- **WORK TO BE COMPLETED**: Go through the listing and copy each line that has the string "Prelude" in it.

- **RECORD SET**:
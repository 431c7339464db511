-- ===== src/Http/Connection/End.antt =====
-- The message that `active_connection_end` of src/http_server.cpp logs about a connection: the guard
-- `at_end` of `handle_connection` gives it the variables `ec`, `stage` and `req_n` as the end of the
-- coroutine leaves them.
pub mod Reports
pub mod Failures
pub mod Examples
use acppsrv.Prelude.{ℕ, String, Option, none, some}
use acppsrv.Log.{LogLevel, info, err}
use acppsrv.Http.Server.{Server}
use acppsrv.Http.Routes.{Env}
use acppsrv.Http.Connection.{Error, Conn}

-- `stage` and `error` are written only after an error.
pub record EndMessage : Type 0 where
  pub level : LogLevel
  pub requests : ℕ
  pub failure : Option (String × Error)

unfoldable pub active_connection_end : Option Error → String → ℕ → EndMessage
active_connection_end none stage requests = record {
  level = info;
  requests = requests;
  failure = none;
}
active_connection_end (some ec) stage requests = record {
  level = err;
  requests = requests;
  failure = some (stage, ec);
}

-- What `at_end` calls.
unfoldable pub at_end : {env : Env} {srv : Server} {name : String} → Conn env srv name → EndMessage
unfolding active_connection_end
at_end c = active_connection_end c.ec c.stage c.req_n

---

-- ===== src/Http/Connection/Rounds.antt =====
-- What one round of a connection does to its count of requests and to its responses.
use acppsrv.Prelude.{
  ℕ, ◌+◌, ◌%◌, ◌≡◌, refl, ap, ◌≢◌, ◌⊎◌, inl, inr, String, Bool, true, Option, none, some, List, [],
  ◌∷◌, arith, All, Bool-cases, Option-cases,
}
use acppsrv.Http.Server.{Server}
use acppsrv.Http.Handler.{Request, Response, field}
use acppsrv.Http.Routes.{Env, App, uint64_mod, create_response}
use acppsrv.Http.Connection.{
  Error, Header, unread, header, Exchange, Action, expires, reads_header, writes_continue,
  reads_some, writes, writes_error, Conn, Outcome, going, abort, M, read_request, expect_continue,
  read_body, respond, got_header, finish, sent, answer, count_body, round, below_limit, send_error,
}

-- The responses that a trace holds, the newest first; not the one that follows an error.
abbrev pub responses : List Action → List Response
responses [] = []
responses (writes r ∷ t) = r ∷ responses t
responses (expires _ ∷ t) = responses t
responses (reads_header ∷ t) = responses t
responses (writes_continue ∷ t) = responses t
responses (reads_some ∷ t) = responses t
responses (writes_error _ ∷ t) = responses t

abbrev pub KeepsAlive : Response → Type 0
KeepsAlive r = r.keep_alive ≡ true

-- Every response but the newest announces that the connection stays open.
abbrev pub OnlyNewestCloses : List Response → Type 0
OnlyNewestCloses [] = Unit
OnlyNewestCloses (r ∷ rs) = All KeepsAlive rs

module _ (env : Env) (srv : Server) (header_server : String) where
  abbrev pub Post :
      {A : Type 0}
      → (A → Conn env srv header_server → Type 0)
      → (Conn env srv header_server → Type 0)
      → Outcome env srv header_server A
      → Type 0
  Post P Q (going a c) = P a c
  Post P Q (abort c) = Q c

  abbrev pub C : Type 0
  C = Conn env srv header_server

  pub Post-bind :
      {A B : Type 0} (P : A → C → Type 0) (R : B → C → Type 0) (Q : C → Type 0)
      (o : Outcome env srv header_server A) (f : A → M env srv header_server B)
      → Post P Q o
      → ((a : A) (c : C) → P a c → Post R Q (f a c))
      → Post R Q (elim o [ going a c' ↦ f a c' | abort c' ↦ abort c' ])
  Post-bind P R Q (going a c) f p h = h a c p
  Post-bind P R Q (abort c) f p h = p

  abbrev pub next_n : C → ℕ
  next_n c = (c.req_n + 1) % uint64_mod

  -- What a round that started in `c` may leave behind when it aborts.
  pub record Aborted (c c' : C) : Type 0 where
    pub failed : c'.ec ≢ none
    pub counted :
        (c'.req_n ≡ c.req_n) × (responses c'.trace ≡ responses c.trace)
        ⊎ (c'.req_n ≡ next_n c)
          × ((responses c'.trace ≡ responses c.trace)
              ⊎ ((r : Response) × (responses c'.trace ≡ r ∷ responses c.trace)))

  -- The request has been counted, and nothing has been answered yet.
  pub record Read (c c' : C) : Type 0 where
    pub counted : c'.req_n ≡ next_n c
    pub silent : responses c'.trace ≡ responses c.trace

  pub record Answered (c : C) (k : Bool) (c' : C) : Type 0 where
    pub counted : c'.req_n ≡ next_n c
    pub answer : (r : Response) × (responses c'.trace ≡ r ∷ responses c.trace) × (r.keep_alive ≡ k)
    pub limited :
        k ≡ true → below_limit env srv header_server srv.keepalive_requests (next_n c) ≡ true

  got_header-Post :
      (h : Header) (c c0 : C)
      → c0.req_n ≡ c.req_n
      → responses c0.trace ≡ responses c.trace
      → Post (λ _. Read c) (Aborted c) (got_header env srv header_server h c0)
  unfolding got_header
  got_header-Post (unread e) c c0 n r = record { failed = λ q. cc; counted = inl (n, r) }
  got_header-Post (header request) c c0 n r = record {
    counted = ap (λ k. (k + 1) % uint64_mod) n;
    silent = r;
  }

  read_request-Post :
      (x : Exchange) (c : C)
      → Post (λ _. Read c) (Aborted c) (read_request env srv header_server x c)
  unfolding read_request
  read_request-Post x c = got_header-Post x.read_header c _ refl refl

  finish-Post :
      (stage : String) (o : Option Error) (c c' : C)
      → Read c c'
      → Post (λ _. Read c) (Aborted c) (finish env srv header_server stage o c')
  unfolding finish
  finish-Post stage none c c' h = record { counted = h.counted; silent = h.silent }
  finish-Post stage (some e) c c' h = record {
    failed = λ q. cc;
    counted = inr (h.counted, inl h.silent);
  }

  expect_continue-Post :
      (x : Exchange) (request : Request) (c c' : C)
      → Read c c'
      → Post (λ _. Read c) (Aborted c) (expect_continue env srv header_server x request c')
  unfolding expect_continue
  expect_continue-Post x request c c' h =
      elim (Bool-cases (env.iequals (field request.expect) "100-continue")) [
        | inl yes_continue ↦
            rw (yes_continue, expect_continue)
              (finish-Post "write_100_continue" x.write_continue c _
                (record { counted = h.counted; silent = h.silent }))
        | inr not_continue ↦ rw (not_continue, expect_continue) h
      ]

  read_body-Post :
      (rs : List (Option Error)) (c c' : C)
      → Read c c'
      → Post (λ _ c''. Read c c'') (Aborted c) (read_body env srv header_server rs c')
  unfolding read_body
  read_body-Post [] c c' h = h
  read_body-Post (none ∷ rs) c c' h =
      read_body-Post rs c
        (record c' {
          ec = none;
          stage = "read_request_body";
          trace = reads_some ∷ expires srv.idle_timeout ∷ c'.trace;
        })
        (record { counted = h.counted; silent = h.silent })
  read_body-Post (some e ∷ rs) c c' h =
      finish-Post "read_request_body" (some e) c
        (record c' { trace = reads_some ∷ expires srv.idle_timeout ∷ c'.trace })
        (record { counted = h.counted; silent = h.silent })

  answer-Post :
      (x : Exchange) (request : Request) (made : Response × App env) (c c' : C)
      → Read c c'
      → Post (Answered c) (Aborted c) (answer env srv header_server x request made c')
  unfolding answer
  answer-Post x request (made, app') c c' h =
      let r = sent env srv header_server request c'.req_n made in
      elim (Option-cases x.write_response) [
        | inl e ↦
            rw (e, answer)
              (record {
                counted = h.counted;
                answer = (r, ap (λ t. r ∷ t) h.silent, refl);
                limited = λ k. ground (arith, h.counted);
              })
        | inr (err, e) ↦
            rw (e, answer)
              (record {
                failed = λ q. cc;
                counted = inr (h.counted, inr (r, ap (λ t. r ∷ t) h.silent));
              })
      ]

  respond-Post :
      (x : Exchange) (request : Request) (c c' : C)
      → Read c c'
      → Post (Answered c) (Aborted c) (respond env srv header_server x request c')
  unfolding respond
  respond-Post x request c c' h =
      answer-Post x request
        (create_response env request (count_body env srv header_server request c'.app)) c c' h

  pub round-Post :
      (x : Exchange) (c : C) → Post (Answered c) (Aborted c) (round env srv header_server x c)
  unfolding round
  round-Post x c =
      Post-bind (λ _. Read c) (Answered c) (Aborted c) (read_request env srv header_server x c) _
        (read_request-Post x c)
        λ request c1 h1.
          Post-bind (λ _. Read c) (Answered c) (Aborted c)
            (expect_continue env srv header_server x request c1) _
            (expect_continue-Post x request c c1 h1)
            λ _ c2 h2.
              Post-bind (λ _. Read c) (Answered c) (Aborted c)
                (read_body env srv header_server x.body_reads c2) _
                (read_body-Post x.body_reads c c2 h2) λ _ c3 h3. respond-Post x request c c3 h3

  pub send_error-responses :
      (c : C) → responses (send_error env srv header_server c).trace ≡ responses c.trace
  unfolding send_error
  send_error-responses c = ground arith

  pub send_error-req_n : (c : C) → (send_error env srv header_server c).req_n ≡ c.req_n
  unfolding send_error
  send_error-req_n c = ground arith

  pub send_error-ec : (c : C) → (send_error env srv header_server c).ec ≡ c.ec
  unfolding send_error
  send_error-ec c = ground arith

- **WRITTEN RESPONSE**:
use acppsrv.Prelude.{ℕ, String, Option, none, some}
use acppsrv.Prelude.{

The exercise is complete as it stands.